Dvorák came to New York in 1892, America's "Columbian" year. He was
immediately exposed to a succession of uniquely American experiences
such as Buffalo Bill's Wild West Show with its Indian dancers. He was
fascinated especially by the Negro Spirituals which he heard first
through his black student at the Conservatory, Harry T. Burleigh. This
music sprang from a sad, homesick people in the American South, probably
blended with the folk songs of his native Bohemia in the mind of the
lonely Czech in the streets of New York. For folk songs the world over
share certain traits: for example, preference for the pentatonic
(five-tone) scale which avoids semitones; melodic cadences from the note
a third or a whole tone below the tonic (cadential) note; and liking for
the "Scotch snap" (short-long) rhythmic foot which is also called
iambic.
Dvorák composed his "New World" Symphony in 1893 and it had a New York
première during the same year. With reference to its purported use of
Negro tunes and other American effects, Dvorák is quoted as having said:
These beautiful and varied themes are the product of the soil. They are
American. They are folk songs of America and your composers must turn to
them.

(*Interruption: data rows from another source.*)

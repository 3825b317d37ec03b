-- ===== src/Kernel/Registry.antt =====
-- The registries that boot fills and then freezes: `TaskRegistry` and `CronRegistry` of
-- inc/kernel/tasks/registry.py, `WorkflowRegistry` of inc/kernel/workflow/registry.py,
-- `EventSchemaRegistry` of inc/kernel/events/registry.py and `PointBehaviorRegistry` of
-- inc/capabilities/points/behaviors.py.
pub mod Catalog
pub mod Handlers
mod Tests
use aiya_cms.Prelude.{
  String, Bool, true, false, not, Option, none, some, List, [], ◌∷◌, is_some, str_eq, if◌then◌else◌,
}
use aiya_cms.Prelude.Result.{
  Result, Tx, ok, err, pure, raise, gets, modify, or_raise, raise_if, ◌>>=◌, ◌>>◌,
}

-- `invalid_key` is the ValueError of a key that the registry's pattern does not match.
pub data RegistryError : Type 0 where
  registry_frozen invalid_key registry_duplicate registry_invalid unknown_key : RegistryError

-- What tells the registries apart: the pattern of the keys, and the check of a declaration (the
-- signal keys of a workflow).
pub record Rules (V : Type 0) : Type 0 where
  pub is_key : String → Bool
  pub accepts : V → Bool

-- `specs` is the dict, its items in the order of their insertion.
pub record Registry (V : Type 0) : Type 0 where
  pub specs : List (String × V)
  pub frozen : Bool

module _ {V : Type 0} where
  unfoldable pub find : String → List (String × V) → Option V
  find key [] = none
  find key ((k, v) ∷ rest) = if str_eq k key then some v else find key rest

  -- `self._specs[key] = spec`: in the place of the item that the key has, or as a new one.
  unfoldable pub set_spec : String → V → List (String × V) → List (String × V)
  set_spec key v [] = (key, v) ∷ []
  set_spec key v ((k, w) ∷ rest) =
      let others = set_spec key v rest in if str_eq k key then (k, v) ∷ rest else (k, w) ∷ others

  -- `lookup`
  abbrev pub lookup : String → Registry V → Option V
  lookup key r = find key r.specs

  -- `require`
  unfoldable pub require : String → Tx (Registry V) RegistryError V
  require key = do found ← gets (lookup key); or_raise found unknown_key

  -- `register`
  unfoldable pub register : Rules V → String → V → Tx (Registry V) RegistryError (Unit {0})
  register rules key v = do
    is_frozen ← gets (λ r. r.frozen)
    raise_if is_frozen registry_frozen
    raise_if (not (rules.is_key key)) invalid_key
    found ← gets (lookup key)
    raise_if (is_some found) registry_duplicate
    raise_if (not (rules.accepts v)) registry_invalid
    modify (λ r. record r { specs = set_spec key v r.specs })

  -- `freeze`
  unfoldable pub freeze : Tx (Registry V) RegistryError (Unit {0})
  freeze = modify λ r. record r { frozen = true }

pub data RegistryCall (V : Type 0) : Type 0 where
  register_call : String → V → RegistryCall V
  freeze_call : RegistryCall V

module _ {V : Type 0} (rules : Rules V) where
  abbrev pub call : RegistryCall V → Tx (Registry V) RegistryError (Unit {0})
  call (register_call key v) = register rules key v
  call freeze_call = freeze

  -- Whether a call went through, and the registry after it.
  abbrev pub answer : Registry V → Result RegistryError (Unit {0} × Registry V) → Bool × Registry V
  answer r (ok (_, r')) = (true, r')
  answer r (err e) = (false, r)

  -- Calls one after the other, and which of them went through.
  unfoldable pub run_calls : List (RegistryCall V) → Registry V → List Bool × Registry V
  unfolding register freeze
  run_calls [] r = ([], r)
  run_calls (c ∷ rest) r =
      let (went, r') = answer r (call c r) in
      let (more, r'') = run_calls rest r' in (went ∷ more, r'')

In the Negro melodies of America I discover all that is needed for
a great and noble school of music.
A brief discussion of the four movements of the "New World" Symphony
follows:
I. Adagio/Allegro molto
In the prefacing Adagio several rhythmic aspects of the Allegro molto
and its first principal themes are foreshadowed. The link between the
Adagio and the Allegro is arresting: a curious ninth chord over the
B-flat which moves abruptly to B-natural, the dominant of the
approaching key of E-minor. The first theme is announced by horns and
has alternating trochaic (long-short) and iambic (short-long) rhythms,
the latter being the "Scotch snap." The second subject has two phases,
the first in G minor, the second (the true second theme) in G major. The
movement is constructed in a loose sonata-allegro design and might be
designated as neo-primitive with its simple, triadic tunes and its
frequent use of the "Scotch snap" rhythm.
II. Largo
The english horn theme of this movement is the best-known subject of the
Symphony. It is prepared by three vivid chromatic chords which serve to
stress the poignant, primitive character of the theme which is truly
pentatonic, structured from the pentatonic scale on D-flat: D-flat,
E-flat, F, A-flat, B-flat, D-flat. The entire movement uses a simple
tripartite (ABA) design with a middle section in C-sharp minor.
III. Scherzo - Molto vivace
This lively Scherzo features contrasting rhythms and moves,
surprisingly, through E major, then C minor during its middle section.
IV. Allegro con fuoco
An introductory flourish in full orchestra precedes a bright subject in
horns and trumpets. Eventually the movement recalls many ideas from
previous movements, in true 19th century fashion.